The Danger of iPads in Schools - matt2000
http://matthall2000.tumblr.com/post/40973782626/the-danger-of-ipads-in-schools

======
nemothekid
I don't know how old OP is, but I'm 20 and first computing experience was
graphical - with Windows NT 4.0. My elementary school had Macintosh OS 7/8
(don't remember exactly). However all I can remember doing on these computers
were playing games - AOL Kids, Math Blaster, JumpStart and Zoombinis.
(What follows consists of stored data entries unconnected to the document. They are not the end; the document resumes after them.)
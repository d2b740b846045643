-- ===== src/Acl/Build.antt =====
-- BuildHSTree of dataplane/src/acl/acl.c, and the walks down the tree. The debug output, the statistics
-- and the worst-case range, which only the output reads, are left out.
use sec_fw.Common.{
  ℕ, zero, suc, ◌+◌, ◌-◌, ◌/◌, ◌%◌, ◌^◌, Bool, true, false, ◌&&◌, ◌==◌, ltb, leb, if◌then◌else◌,
  List, [], ◌∷◌, get_elem?, length, take, Option, none, some,
}
use sec_fw.Acl.{
  Rule, SegFlag, SegmentPt, low_words, segment_points, split_dim, qsort, middle, matched,
}

-- hs_node_t: a leaf, whose children are NULL, or a node with two children. num_rule has 16 bits, and `rule` is
-- the array that was allocated, whose length the code does not keep elsewhere.
pub data HsNode : Type 0 where
  leaf : (flag depth num_rule : ℕ) → (rule : List ℕ) → HsNode
  node : (d2s depth p2s : ℕ) → (child0 child1 : HsNode) → HsNode

-- range[0][0], range[0][1], range[1][0] and range[1][1]
pub record SubRanges : Type 0 where
  pub range00 : ℕ
  pub range01 : ℕ
  pub range10 : ℕ
  pub range11 : ℕ

-- Subtract and Add on an array of 128 bits
abbrev pub subtract : ℕ → ℕ
subtract x = (x + (2 ^ 128 - 1)) % 2 ^ 128

abbrev pub add : ℕ → ℕ
add x = (x + 1) % 2 ^ 128

-- Whether the split is below the point, which is then the first of the right part, or above it.
abbrev pub splits_below : SegFlag → Bool → Bool
splits_below SegFlag.start flag_pos = true
splits_below SegFlag.finish flag_pos = false
splits_below SegFlag.both false = true
splits_below SegFlag.both true = false

unfoldable pub sub_ranges : ℕ → ℕ → SegmentPt → Bool → SubRanges
sub_ranges first last p flag_pos =
    if splits_below p.flag flag_pos
    then record {
      range00 = first;
      range01 = subtract p.segmentpoint;
      range10 = add (subtract p.segmentpoint);
      range11 = last;
    }
    else record {
      range00 = first;
      range01 = p.segmentpoint;
      range10 = add p.segmentpoint;
      range11 = last;
    }

-- The first and the last point of the sorted table.
abbrev pub first_point : List SegmentPt → ℕ
first_point [] = 0
first_point (p ∷ ps) = p.segmentpoint

unfoldable pub last_point : List SegmentPt → ℕ
last_point [] = 0
last_point (p ∷ []) = p.segmentpoint
last_point (p ∷ q ∷ qs) = last_point (q ∷ qs)

unfoldable pub find_split : List SegmentPt → ℕ → Option SubRanges
find_split sorted max_all = elim (middle (max_all / 2) 0 sorted) [
  | none ↦ none
  | some (p, flag_pos) ↦ some (sub_ranges (first_point sorted) (last_point sorted) p flag_pos)
]

-- Whether a rule goes to the child with the range from `lo` to `hi`, and the rule trimmed to it.
abbrev pub reaches : ℕ → ℕ → ℕ → Rule → Bool
reaches d2s lo hi r = leb (r.range0 d2s) hi && leb lo (r.range1 d2s)

abbrev pub replace : (ℕ → ℕ) → ℕ → ℕ → ℕ → ℕ
replace f dim x i = if i == dim then x else f i

-- Assign_RuleList. The action and the id of the copy are left unset, and nothing reads them: they stand as 0.
abbrev pub assign_rule_list : Rule → Rule
assign_rule_list r = record {
  pri = r.pri;
  action = 0;
  range0 = r.range0;
  range1 = r.range1;
  id = 0;
  rule_id = r.rule_id;
}

abbrev pub trimmed : ℕ → ℕ → ℕ → Rule → Rule
trimmed d2s lo hi r = record (assign_rule_list r) {
  range0 = if ltb (r.range0 d2s) lo then replace r.range0 d2s lo else r.range0;
  range1 = if ltb hi (r.range1 d2s) then replace r.range1 d2s hi else r.range1;
}

unfoldable pub child_rules : ℕ → ℕ → ℕ → List Rule → List Rule
child_rules d2s lo hi [] = []
child_rules d2s lo hi (r ∷ rs) =
    let rest = child_rules d2s lo hi rs in
    if reaches d2s lo hi r then trimmed d2s lo hi r ∷ rest else rest

abbrev pub pri_list : List Rule → List ℕ
pri_list [] = []
pri_list (r ∷ rs) = r.pri ∷ pri_list rs

-- BuildHSTree with fuel: `none` is a recursion that goes too deep, or a read past the table of points.
unfoldable pub build : ℕ → ℕ → List Rule → Option HsNode
build zero depth rules = none
build (suc fuel) depth [] = some (leaf 1 (depth % 256) 0 [])
build (suc fuel) depth (r ∷ rs) =
    let rules = r ∷ rs in
    let d2s = (split_dim rules).0 in
    elim (leb (split_dim rules).1 2) [
      | true ↦ some (leaf 0 (depth % 256) (length rules % 2 ^ 16) (pri_list rules))
      | false ↦ elim (find_split (qsort (segment_points d2s rules).0) (split_dim rules).1) [
        | none ↦ none
        | some s ↦
            elim (build fuel (suc depth)
              (child_rules d2s (low_words d2s s.range00) (low_words d2s s.range01) rules)) [
                | none ↦ none
                | some left ↦
                    elim (build fuel (suc depth)
                      (child_rules d2s (low_words d2s s.range10) (low_words d2s s.range11) rules)) [
                        | none ↦ none
                        | some right ↦
                            some (node d2s (depth % 256) (low_words d2s s.range10) left right)
                      ]
              ]
      ]
    ]

-- LinearSearch: the rules of a list of positions that match, and `none` for the exit of the program if there
-- are none. A position beyond the rules is passed over.
unfoldable pub search_rules : List Rule → List ℕ → (ℕ → ℕ) → List ℕ
search_rules rule_set [] packet = []
search_rules rule_set (i ∷ is) packet =
    let rest = search_rules rule_set is packet in
    elim (get_elem? rule_set i) [
      | none ↦ rest
      | some r ↦ if matched r packet then i ∷ rest else rest
    ]

unfoldable pub linear_search : List Rule → List ℕ → (ℕ → ℕ) → Option (List ℕ)
linear_search rule_set rule_pri packet = elim (search_rules rule_set rule_pri packet) [
  | [] ↦ none
  | i ∷ is ↦ some (i ∷ is)
]

-- The walk of LookupPacket to a leaf, and the rules that its num_rule counts.
unfoldable pub walk_packet : HsNode → (ℕ → ℕ) → ℕ × List ℕ
walk_packet (leaf flag depth num_rule rule) packet = (flag, take num_rule rule)
walk_packet (node d2s depth p2s child0 child1) packet =
    if ltb (low_words d2s (packet d2s)) p2s
    then walk_packet child0 packet
    else walk_packet child1 packet

-- LookupPacket: the rules of the leaf that is hit; a leaf with the flag 1 is searched first.
unfoldable pub lookup_packet : List Rule → HsNode → (ℕ → ℕ) → Option (List ℕ)
lookup_packet rule_set root packet =
    let (flag, rule) = walk_packet root packet in
    if flag == 1
    then elim (linear_search rule_set rule packet) [ none ↦ none | some l ↦ some rule ]
    else some rule

-- The walk of LookupHSTree to a leaf, and the rules that its num_rule counts.
unfoldable pub walk_hs_tree : HsNode → (ℕ → ℕ) → ℕ × List ℕ
walk_hs_tree (leaf flag depth num_rule rule) packet = (flag, take num_rule rule)
walk_hs_tree (node d2s depth p2s child0 child1) packet =
    if leb (low_words d2s (packet d2s)) p2s
    then walk_hs_tree child0 packet
    else walk_hs_tree child1 packet

-- LookupHSTree: `none` is the answer 0 for a set with no rules.
unfoldable pub lookup_hs_tree : List Rule → HsNode → (ℕ → ℕ) → Option (List ℕ)
lookup_hs_tree [] root packet = none
lookup_hs_tree (r ∷ rs) root packet = some (walk_hs_tree root packet).1
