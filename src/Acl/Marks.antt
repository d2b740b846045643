-- ===== src/Acl/Marks.antt =====
-- What the table of points says: which numbers it marks as starts and as ends, and how many marks it has.
use sec_fw.Common.{
  ℕ, ◌+◌, ◌≤◌, ◌≡◌, ◌≢◌, refl, ap, ◌∙◌, inl, inr, Bool, true, false, ◌&&◌, ◌||◌, Bool-cases, ◌==◌,
  if◌then◌else◌, List, [], ◌∷◌, arith,
}
use sec_fw.Acl.{Rule, SegFlag, SegmentPt, add_point, count_points, segment_points}

abbrev pub is_start : SegFlag → Bool
is_start SegFlag.start = true
is_start SegFlag.finish = false
is_start SegFlag.both = true

abbrev pub is_finish : SegFlag → Bool
is_finish SegFlag.start = false
is_finish SegFlag.finish = true
is_finish SegFlag.both = true

abbrev pub weight : SegFlag → ℕ
weight SegFlag.start = 1
weight SegFlag.finish = 1
weight SegFlag.both = 2

unfoldable pub has_start : ℕ → List SegmentPt → Bool
has_start x [] = false
has_start x (p ∷ ps) = (p.segmentpoint == x && is_start p.flag) || has_start x ps

unfoldable pub has_finish : ℕ → List SegmentPt → Bool
has_finish x [] = false
has_finish x (p ∷ ps) = (p.segmentpoint == x && is_finish p.flag) || has_finish x ps

unfoldable pub marks : List SegmentPt → ℕ
marks [] = 0
marks (p ∷ ps) = weight p.flag + marks ps

-- A number among those of a list.
unfoldable pub has : ℕ → List ℕ → Bool
has x [] = false
has x (y ∷ ys) = y == x || has x ys

unfoldable pub starts : ℕ → List Rule → List ℕ
starts dim [] = []
starts dim (r ∷ rs) = r.range0 dim ∷ starts dim rs

unfoldable pub finishes : ℕ → List Rule → List ℕ
finishes dim [] = []
finishes dim (r ∷ rs) = r.range1 dim ∷ finishes dim rs

add_start-has_start :
    (x y : ℕ) (t : List SegmentPt)
    → has_start y (add_point x SegFlag.start t).0 ≡ (x == y || has_start y t)
unfolding add_point has_start
add_start-has_start x y [] = ground arith
add_start-has_start x y (p ∷ ps) = ground (arith, add_start-has_start x y ps)

add_start-has_finish :
    (x y : ℕ) (t : List SegmentPt) → has_finish y (add_point x SegFlag.start t).0 ≡ has_finish y t
unfolding add_point has_finish
add_start-has_finish x y [] = ground arith
add_start-has_finish x y (p ∷ ps) = ground (arith, add_start-has_finish x y ps)

add_point-marks :
    (x : ℕ) (k : SegFlag) (t : List SegmentPt)
    → k ≢ SegFlag.both
    → marks (add_point x k t).0 ≡ marks t + (add_point x k t).1
unfolding add_point marks
add_point-marks x SegFlag.start [] n = refl
add_point-marks x SegFlag.finish [] n = refl
add_point-marks x SegFlag.both [] n = absurd (n refl)
add_point-marks x SegFlag.start (p ∷ ps) n = ground (arith, add_point-marks x SegFlag.start ps n)
add_point-marks x SegFlag.finish (p ∷ ps) n = ground (arith, add_point-marks x SegFlag.finish ps n)
add_point-marks x SegFlag.both (p ∷ ps) n = absurd (n refl)

add_finish-has_start :
    (x y : ℕ) (t : List SegmentPt) → has_start y (add_point x SegFlag.finish t).0 ≡ has_start y t
unfolding add_point has_start
add_finish-has_start x y [] = ground arith
add_finish-has_start x y (p ∷ ps) = ground (arith, add_finish-has_start x y ps)

add_finish-has_finish :
    (x y : ℕ) (t : List SegmentPt)
    → has_finish y (add_point x SegFlag.finish t).0 ≡ (x == y || has_finish y t)
unfolding add_point has_finish
add_finish-has_finish x y [] = ground arith
add_finish-has_finish x y (p ∷ ps) = ground (arith, add_finish-has_finish x y ps)

or_false : (a : Bool) → (a || false) ≡ a
or_false true = refl
or_false false = refl

or_swap : (a b c : Bool) → (a || (b || c)) ≡ ((b || a) || c)
or_swap true true c = refl
or_swap true false c = refl
or_swap false true c = refl
or_swap false false c = refl

-- The table of points of a set of rules marks their starts and their ends, and nothing else.
count_points-has_start :
    (dim y : ℕ) (rules : List Rule) (t : List SegmentPt) (all : ℕ)
    → has_start y (count_points dim rules t all).0 ≡ (has y (starts dim rules) || has_start y t)
unfolding count_points has starts
count_points-has_start dim y [] t all = refl
count_points-has_start dim y (r ∷ rs) t all =
    let s1 = add_point (r.range0 dim) SegFlag.start t in
    let s2 = add_point (r.range1 dim) SegFlag.finish s1.0 in
    count_points-has_start dim y rs s2.0 (all + s1.1 + s2.1)
    ∙ ap (λ b. has y (starts dim rs) || b)
        (add_finish-has_start (r.range1 dim) y s1.0 ∙ add_start-has_start (r.range0 dim) y t)
    ∙ or_swap (has y (starts dim rs)) (r.range0 dim == y) (has_start y t)

count_points-has_finish :
    (dim y : ℕ) (rules : List Rule) (t : List SegmentPt) (all : ℕ)
    → has_finish y (count_points dim rules t all).0 ≡ (has y (finishes dim rules) || has_finish y t)
unfolding count_points has finishes
count_points-has_finish dim y [] t all = refl
count_points-has_finish dim y (r ∷ rs) t all =
    let s1 = add_point (r.range0 dim) SegFlag.start t in
    let s2 = add_point (r.range1 dim) SegFlag.finish s1.0 in
    count_points-has_finish dim y rs s2.0 (all + s1.1 + s2.1)
    ∙ ap (λ b. has y (finishes dim rs) || b)
        (add_finish-has_finish (r.range1 dim) y s1.0
          ∙ ap (λ b. r.range1 dim == y || b) (add_start-has_finish (r.range0 dim) y t))
    ∙ or_swap (has y (finishes dim rs)) (r.range1 dim == y) (has_finish y t)

-- The count is that of the marks.
count_points-marks :
    (dim : ℕ) (rules : List Rule) (t : List SegmentPt) (all : ℕ)
    → all ≡ marks t
    → (count_points dim rules t all).1 ≡ marks (count_points dim rules t all).0
unfolding count_points
count_points-marks dim [] t all e = e
count_points-marks dim (r ∷ rs) t all e =
    let s1 = add_point (r.range0 dim) SegFlag.start t in
    let s2 = add_point (r.range1 dim) SegFlag.finish s1.0 in
    count_points-marks dim rs s2.0 (all + s1.1 + s2.1) (
      omega (
        arith,
        e,
        add_point-marks (r.range0 dim) SegFlag.start t (λ k. cc),
        add_point-marks (r.range1 dim) SegFlag.finish s1.0 (λ k. cc),
      ))

module _ (dim : ℕ) (rules : List Rule) where
  pub segment_points-has_start :
      (y : ℕ) → has_start y (segment_points dim rules).0 ≡ has y (starts dim rules)
  unfolding has_start
  segment_points-has_start y =
      count_points-has_start dim y rules [] 0 ∙ or_false (has y (starts dim rules))

  pub segment_points-has_finish :
      (y : ℕ) → has_finish y (segment_points dim rules).0 ≡ has y (finishes dim rules)
  unfolding has_finish
  segment_points-has_finish y =
      count_points-has_finish dim y rules [] 0 ∙ or_false (has y (finishes dim rules))

  pub segment_points-marks : (segment_points dim rules).1 ≡ marks (segment_points dim rules).0
  unfolding marks
  segment_points-marks = count_points-marks dim rules [] 0 refl

unfoldable pub start_marks : List SegmentPt → ℕ
start_marks [] = 0
start_marks (p ∷ ps) = (if is_start p.flag then 1 else 0) + start_marks ps

unfoldable pub finish_marks : List SegmentPt → ℕ
finish_marks [] = 0
finish_marks (p ∷ ps) = (if is_finish p.flag then 1 else 0) + finish_marks ps

marks-sum : (t : List SegmentPt) → marks t ≡ start_marks t + finish_marks t
unfolding marks start_marks finish_marks
marks-sum [] = refl
marks-sum (p ∷ ps) = ground (arith, marks-sum ps)

start_marks_one : (x : ℕ) (t : List SegmentPt) → has_start x t ≡ true → 1 ≤ start_marks t
unfolding has_start start_marks
start_marks_one x [] h = cc
start_marks_one x (p ∷ ps) h = ground (arith, start_marks_one x ps)

finish_marks_one : (x : ℕ) (t : List SegmentPt) → has_finish x t ≡ true → 1 ≤ finish_marks t
unfolding has_finish finish_marks
finish_marks_one x [] h = cc
finish_marks_one x (p ∷ ps) h = ground (arith, finish_marks_one x ps)

start_marks_two :
    (x y : ℕ) (t : List SegmentPt)
    → x ≢ y
    → has_start x t ≡ true
    → has_start y t ≡ true
    → 2 ≤ start_marks t
unfolding has_start start_marks
start_marks_two x y [] n a b = cc
start_marks_two x y (p ∷ ps) n a b =
    ground (arith, start_marks_two x y ps n, start_marks_one x ps, start_marks_one y ps)

finish_marks_two :
    (x y : ℕ) (t : List SegmentPt)
    → x ≢ y
    → has_finish x t ≡ true
    → has_finish y t ≡ true
    → 2 ≤ finish_marks t
unfolding has_finish finish_marks
finish_marks_two x y [] n a b = cc
finish_marks_two x y (p ∷ ps) n a b =
    ground (arith, finish_marks_two x y ps n, finish_marks_one x ps, finish_marks_one y ps)

-- With at most two marks, one of them an end, all starts are one number; likewise for the ends.
pub one_start :
    (x y z : ℕ) (t : List SegmentPt)
    → marks t ≤ 2
    → has_start x t ≡ true
    → has_start y t ≡ true
    → has_finish z t ≡ true
    → x ≡ y
one_start x y z t few a b c = elim (Bool-cases (x == y)) [
  | inl e ↦ ground arith
  | inr e ↦ absurd (
      omega
        (arith, marks-sum t, start_marks_two x y t (λ k. ground arith) a b, finish_marks_one z t c))
]

pub one_finish :
    (x y z : ℕ) (t : List SegmentPt)
    → marks t ≤ 2
    → has_finish x t ≡ true
    → has_finish y t ≡ true
    → has_start z t ≡ true
    → x ≡ y
one_finish x y z t few a b c = elim (Bool-cases (x == y)) [
  | inl e ↦ ground arith
  | inr e ↦ absurd (
      omega
        (arith, marks-sum t, finish_marks_two x y t (λ k. ground arith) a b, start_marks_one z t c))
]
I didn't start programming until I was 13 (out of my own curiosity) and I
wasn't offered any sort of programming classes by my junior year in high
school.

My point is I think for most of us who grew up in the era of graphical
interfaces, computers have always been glorified xboxes. When GUIs were
introduced and we had options like Math Blaster I don't think many of us
actually considered that we could write our own games. In elementary school I
think the bar may be a little too high (not to say it can't be done). That
said, it didn't matter to us that the machines were directly programmable. We
didn't have the resources to create our own MathBlaster and I don't think any
of us would have patience to wrestle with gcc.

I think Codify is a much better tool for teaching programming than a plain
text file would be. Its a lot easier to make a "cool app" from a app that
hides all hard parts of making a game (like a graphics library) than to try
and convince a kid he should mess around in the console.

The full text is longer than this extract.